— Task brief —
Where the records below reach the line containing "filename src/TelemetryConsumer/Channel/Accounts.antt", start transcribing, and end with the line containing "pub ended_late : (r.loop_ended", exactly and with nothing else added.

— Records for the exercise —

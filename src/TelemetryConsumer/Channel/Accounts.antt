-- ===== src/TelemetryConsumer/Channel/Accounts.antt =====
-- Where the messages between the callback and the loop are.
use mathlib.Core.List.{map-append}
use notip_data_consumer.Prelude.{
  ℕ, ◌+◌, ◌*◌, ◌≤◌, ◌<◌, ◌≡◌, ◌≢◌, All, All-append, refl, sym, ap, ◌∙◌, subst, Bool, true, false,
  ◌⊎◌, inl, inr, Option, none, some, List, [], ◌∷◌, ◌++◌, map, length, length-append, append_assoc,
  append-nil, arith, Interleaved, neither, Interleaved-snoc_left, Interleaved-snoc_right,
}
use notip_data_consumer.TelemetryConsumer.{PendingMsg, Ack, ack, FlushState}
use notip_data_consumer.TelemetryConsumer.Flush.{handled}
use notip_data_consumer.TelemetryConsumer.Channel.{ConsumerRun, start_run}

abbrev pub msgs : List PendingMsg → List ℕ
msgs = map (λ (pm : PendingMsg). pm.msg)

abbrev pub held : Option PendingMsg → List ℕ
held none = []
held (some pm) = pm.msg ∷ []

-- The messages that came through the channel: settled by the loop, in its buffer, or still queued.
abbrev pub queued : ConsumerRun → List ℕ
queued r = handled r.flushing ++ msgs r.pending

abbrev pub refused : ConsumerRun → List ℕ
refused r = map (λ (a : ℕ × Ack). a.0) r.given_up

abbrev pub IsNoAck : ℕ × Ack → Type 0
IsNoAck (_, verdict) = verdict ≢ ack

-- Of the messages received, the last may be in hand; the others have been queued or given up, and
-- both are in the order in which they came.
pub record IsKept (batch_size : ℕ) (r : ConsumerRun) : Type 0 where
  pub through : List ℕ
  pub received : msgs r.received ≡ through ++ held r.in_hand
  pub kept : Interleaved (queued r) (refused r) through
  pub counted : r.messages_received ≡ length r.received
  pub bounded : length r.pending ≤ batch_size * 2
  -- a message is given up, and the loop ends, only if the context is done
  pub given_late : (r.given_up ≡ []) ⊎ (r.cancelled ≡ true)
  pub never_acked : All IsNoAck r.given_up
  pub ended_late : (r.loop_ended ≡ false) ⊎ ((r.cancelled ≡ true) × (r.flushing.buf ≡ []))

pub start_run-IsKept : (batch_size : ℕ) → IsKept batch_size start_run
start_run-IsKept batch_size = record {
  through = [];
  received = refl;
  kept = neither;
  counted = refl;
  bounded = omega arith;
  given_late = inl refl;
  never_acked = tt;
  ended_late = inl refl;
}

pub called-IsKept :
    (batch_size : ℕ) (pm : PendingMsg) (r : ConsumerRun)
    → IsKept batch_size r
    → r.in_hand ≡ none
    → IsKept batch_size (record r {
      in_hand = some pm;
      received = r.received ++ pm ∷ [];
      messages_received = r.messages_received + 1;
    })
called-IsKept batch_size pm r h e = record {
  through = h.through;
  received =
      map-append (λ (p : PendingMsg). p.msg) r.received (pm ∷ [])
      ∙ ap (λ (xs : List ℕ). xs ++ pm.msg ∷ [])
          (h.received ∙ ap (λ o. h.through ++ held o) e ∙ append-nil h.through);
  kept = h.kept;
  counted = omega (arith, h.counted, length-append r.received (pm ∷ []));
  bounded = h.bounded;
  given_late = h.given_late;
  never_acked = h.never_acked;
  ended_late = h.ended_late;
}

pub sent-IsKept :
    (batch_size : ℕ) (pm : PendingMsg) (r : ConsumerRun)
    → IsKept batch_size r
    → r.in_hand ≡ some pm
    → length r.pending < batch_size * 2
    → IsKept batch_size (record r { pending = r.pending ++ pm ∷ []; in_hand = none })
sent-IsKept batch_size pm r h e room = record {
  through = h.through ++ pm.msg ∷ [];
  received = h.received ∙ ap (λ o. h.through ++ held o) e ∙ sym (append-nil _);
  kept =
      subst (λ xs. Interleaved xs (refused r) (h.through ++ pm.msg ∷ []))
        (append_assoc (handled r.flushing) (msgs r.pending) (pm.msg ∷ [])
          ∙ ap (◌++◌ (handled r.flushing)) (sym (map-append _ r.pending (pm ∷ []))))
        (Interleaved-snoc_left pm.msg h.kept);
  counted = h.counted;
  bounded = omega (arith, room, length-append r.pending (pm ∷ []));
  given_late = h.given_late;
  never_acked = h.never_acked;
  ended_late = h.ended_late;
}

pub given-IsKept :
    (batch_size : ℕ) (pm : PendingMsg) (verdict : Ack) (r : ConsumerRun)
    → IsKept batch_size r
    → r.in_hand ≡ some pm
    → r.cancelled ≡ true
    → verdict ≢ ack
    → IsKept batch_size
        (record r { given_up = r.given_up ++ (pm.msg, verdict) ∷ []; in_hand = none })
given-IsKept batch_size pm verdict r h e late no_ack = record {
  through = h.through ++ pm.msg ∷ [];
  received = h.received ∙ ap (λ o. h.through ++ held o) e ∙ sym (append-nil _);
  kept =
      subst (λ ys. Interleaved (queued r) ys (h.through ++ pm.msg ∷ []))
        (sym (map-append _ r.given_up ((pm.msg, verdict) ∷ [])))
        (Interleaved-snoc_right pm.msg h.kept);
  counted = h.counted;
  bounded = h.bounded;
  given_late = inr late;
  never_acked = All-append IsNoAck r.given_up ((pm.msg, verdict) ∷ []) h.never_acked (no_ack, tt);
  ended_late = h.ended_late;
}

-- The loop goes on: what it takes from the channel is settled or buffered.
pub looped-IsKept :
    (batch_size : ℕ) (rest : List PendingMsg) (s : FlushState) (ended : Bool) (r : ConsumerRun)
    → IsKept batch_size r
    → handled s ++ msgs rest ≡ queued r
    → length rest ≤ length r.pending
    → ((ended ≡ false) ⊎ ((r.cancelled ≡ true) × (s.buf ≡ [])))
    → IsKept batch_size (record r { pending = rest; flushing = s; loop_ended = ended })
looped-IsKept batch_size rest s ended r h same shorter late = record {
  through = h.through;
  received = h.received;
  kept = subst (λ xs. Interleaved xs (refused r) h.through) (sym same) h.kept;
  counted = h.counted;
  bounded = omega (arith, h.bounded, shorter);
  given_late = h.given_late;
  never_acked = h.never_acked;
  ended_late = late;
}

--

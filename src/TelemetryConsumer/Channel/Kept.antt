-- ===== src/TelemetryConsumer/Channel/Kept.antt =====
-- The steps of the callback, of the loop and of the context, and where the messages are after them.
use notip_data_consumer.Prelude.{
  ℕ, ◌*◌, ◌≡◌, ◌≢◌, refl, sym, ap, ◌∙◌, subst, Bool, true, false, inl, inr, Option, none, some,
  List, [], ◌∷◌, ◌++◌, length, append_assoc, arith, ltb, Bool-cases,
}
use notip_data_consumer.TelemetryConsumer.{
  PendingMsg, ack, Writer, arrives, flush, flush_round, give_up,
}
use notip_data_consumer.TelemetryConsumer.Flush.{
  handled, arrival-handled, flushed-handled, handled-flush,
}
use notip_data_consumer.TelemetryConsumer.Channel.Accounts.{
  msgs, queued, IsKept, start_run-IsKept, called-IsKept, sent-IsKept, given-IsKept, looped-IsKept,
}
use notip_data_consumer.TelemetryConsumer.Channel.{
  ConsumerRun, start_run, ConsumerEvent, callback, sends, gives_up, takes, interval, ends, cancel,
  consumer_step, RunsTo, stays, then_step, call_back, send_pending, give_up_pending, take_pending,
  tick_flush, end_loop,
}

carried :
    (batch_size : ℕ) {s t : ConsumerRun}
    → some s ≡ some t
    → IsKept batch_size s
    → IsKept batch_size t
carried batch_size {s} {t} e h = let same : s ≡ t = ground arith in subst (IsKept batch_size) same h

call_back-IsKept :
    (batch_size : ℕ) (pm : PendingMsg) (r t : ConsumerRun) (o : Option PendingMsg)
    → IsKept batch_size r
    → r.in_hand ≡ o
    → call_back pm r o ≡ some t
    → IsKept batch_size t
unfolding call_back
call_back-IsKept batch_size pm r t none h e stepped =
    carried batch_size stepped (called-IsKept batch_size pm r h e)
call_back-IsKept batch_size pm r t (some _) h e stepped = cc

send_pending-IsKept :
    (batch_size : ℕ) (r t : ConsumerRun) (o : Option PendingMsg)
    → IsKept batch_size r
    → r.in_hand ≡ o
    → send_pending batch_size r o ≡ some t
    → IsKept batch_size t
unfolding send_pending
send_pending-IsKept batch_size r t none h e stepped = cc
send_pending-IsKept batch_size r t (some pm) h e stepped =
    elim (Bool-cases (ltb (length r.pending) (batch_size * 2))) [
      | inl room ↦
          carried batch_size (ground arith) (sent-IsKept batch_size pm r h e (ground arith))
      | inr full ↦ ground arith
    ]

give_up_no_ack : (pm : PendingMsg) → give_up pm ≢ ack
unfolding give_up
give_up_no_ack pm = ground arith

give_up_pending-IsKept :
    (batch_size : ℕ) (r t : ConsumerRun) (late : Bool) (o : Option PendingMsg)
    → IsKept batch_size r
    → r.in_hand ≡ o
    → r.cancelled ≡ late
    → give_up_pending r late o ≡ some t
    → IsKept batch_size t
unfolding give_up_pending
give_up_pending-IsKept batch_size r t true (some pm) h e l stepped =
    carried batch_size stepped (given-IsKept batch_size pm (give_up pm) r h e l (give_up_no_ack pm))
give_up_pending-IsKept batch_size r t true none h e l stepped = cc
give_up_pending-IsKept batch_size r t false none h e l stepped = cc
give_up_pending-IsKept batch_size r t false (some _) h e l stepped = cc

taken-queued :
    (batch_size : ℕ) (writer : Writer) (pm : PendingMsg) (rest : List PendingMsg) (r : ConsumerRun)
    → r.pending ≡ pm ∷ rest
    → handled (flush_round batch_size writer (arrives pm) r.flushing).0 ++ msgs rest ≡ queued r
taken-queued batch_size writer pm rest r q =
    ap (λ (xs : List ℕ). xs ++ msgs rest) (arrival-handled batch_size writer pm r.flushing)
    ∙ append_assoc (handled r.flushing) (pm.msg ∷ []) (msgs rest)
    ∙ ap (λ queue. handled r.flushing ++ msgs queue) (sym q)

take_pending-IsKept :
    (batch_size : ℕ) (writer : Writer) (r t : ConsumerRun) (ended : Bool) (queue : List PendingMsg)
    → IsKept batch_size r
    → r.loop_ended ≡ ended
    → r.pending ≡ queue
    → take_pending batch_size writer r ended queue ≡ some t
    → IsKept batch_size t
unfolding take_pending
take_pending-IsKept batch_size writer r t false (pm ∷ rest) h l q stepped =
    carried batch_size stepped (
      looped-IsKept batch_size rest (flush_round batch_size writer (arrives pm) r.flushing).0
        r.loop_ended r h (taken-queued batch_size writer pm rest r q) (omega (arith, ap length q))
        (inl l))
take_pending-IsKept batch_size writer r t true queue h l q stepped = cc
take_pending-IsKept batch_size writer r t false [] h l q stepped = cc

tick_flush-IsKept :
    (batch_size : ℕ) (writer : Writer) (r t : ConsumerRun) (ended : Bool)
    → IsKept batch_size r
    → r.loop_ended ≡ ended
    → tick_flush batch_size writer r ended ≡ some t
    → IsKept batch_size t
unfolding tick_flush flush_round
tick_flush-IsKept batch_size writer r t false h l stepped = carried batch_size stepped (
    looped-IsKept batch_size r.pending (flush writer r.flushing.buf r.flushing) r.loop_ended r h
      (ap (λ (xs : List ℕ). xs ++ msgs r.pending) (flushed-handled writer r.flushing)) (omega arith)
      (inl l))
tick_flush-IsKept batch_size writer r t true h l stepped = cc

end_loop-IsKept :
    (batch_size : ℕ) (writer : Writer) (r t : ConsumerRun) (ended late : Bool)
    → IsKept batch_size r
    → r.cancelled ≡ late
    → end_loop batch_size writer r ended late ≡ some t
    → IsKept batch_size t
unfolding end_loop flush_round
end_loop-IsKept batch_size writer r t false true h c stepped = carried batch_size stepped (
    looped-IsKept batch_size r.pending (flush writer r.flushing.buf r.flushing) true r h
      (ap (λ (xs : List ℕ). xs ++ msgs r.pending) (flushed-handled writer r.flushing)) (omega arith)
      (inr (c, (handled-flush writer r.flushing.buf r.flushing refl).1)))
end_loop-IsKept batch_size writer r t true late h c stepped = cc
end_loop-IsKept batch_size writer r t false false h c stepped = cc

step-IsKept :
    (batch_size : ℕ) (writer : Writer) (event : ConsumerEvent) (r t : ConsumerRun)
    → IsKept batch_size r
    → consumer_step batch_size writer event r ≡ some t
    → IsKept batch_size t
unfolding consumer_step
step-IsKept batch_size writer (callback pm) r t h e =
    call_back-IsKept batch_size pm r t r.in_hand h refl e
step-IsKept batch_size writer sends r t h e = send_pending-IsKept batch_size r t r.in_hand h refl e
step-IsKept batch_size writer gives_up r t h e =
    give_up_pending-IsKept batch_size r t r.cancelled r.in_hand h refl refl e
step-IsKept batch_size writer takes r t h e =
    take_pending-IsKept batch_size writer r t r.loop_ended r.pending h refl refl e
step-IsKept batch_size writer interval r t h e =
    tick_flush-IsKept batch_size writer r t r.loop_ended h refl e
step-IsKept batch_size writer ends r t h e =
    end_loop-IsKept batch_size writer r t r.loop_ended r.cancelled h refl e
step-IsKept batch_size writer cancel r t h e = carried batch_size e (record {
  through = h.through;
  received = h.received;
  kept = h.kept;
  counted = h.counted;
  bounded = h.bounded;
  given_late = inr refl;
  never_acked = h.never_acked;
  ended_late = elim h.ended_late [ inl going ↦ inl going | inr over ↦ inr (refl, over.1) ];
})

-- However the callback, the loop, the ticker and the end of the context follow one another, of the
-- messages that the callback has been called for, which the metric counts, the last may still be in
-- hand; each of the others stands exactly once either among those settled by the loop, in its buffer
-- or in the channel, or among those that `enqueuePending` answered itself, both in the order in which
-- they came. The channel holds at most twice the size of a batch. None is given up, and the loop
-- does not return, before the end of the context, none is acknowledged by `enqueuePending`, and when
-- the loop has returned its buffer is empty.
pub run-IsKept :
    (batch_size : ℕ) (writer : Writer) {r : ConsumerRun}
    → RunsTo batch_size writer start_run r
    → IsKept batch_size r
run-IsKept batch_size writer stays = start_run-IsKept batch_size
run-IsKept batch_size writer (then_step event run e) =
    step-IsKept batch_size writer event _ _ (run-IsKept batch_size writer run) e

--

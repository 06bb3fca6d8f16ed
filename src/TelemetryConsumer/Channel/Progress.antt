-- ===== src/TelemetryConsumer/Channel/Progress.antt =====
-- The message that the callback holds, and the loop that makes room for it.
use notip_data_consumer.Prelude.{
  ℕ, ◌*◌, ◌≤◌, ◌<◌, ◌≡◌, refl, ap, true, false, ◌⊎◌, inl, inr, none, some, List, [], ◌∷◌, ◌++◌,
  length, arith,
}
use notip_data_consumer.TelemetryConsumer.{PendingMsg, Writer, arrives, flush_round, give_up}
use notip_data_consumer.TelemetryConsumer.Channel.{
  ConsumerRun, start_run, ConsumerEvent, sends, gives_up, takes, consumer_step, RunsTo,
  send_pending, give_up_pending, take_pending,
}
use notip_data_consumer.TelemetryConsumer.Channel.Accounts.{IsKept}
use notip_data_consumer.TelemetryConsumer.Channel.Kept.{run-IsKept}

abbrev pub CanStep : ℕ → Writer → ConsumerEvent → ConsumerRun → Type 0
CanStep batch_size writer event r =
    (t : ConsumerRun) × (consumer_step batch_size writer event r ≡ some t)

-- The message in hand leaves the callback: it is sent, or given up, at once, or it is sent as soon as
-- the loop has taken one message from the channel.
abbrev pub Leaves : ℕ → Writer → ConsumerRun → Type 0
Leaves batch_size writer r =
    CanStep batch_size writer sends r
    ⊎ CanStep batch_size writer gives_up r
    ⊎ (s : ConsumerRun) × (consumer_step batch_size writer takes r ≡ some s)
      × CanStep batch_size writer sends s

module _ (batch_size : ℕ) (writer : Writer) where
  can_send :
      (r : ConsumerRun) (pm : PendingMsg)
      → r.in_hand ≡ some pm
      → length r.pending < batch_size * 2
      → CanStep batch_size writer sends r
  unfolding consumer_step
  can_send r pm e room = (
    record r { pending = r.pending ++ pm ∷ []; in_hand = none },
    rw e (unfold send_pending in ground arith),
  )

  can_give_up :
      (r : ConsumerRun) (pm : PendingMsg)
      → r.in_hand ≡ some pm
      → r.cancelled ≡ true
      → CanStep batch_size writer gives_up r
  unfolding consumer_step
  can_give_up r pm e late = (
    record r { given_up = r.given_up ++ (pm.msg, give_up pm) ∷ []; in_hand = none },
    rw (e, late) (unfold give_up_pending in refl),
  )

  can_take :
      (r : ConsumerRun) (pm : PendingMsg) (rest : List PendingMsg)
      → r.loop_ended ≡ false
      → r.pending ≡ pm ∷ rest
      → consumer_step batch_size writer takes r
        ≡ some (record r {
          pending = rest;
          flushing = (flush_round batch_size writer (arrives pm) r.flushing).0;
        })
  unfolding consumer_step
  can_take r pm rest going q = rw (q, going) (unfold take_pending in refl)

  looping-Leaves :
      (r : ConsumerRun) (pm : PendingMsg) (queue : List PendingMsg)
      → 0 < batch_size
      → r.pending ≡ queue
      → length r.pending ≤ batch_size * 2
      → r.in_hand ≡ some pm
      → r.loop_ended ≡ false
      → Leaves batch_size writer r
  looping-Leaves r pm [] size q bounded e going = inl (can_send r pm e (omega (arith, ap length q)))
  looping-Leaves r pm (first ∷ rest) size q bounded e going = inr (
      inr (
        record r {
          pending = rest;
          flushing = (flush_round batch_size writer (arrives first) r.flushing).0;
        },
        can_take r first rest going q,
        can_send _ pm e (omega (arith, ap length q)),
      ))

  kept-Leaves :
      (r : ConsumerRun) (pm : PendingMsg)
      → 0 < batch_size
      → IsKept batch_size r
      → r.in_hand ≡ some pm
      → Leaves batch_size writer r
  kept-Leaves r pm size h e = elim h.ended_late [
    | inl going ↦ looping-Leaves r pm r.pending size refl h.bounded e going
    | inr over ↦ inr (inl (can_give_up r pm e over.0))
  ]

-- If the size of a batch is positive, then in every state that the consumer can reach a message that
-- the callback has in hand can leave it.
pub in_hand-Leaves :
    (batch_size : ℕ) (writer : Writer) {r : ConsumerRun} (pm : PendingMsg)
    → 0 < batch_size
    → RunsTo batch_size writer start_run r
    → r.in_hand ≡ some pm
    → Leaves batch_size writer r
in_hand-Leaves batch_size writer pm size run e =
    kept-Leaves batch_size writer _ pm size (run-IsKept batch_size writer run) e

— Output of the exercise —
filename src/TelemetryConsumer/Channel/Accounts.antt
-- ===== src/TelemetryConsumer/Channel/Accounts.antt =====
-- Where the messages between the callback and the loop are.
use mathlib.Core.List.{map-append}
use notip_data_consumer.Prelude.{
  ℕ, ◌+◌, ◌*◌, ◌≤◌, ◌<◌, ◌≡◌, ◌≢◌, All, All-append, refl, sym, ap, ◌∙◌, subst, Bool, true, false,
  ◌⊎◌, inl, inr, Option, none, some, List, [], ◌∷◌, ◌++◌, map, length, length-append, append_assoc,
  append-nil, arith, Interleaved, neither, Interleaved-snoc_left, Interleaved-snoc_right,
}
use notip_data_consumer.TelemetryConsumer.{PendingMsg, Ack, ack, FlushState}
use notip_data_consumer.TelemetryConsumer.Flush.{handled}
use notip_data_consumer.TelemetryConsumer.Channel.{ConsumerRun, start_run}

abbrev pub msgs : List PendingMsg → List ℕ
msgs = map (λ (pm : PendingMsg). pm.msg)

abbrev pub held : Option PendingMsg → List ℕ
held none = []
held (some pm) = pm.msg ∷ []

-- The messages that came through the channel: settled by the loop, in its buffer, or still queued.
abbrev pub queued : ConsumerRun → List ℕ
queued r = handled r.flushing ++ msgs r.pending

abbrev pub refused : ConsumerRun → List ℕ
refused r = map (λ (a : ℕ × Ack). a.0) r.given_up

abbrev pub IsNoAck : ℕ × Ack → Type 0
IsNoAck (_, verdict) = verdict ≢ ack

-- Of the messages received, the last may be in hand; the others have been queued or given up, and
-- both are in the order in which they came.
pub record IsKept (batch_size : ℕ) (r : ConsumerRun) : Type 0 where
  pub through : List ℕ
  pub received : msgs r.received ≡ through ++ held r.in_hand
  pub kept : Interleaved (queued r) (refused r) through
  pub counted : r.messages_received ≡ length r.received
  pub bounded : length r.pending ≤ batch_size * 2
  -- a message is given up, and the loop ends, only if the context is done
  pub given_late : (r.given_up ≡ []) ⊎ (r.cancelled ≡ true)
  pub never_acked : All IsNoAck r.given_up
  pub ended_late : (r.loop_ended ≡ false) ⊎ ((r.cancelled ≡ true) × (r.flushing.buf ≡ []))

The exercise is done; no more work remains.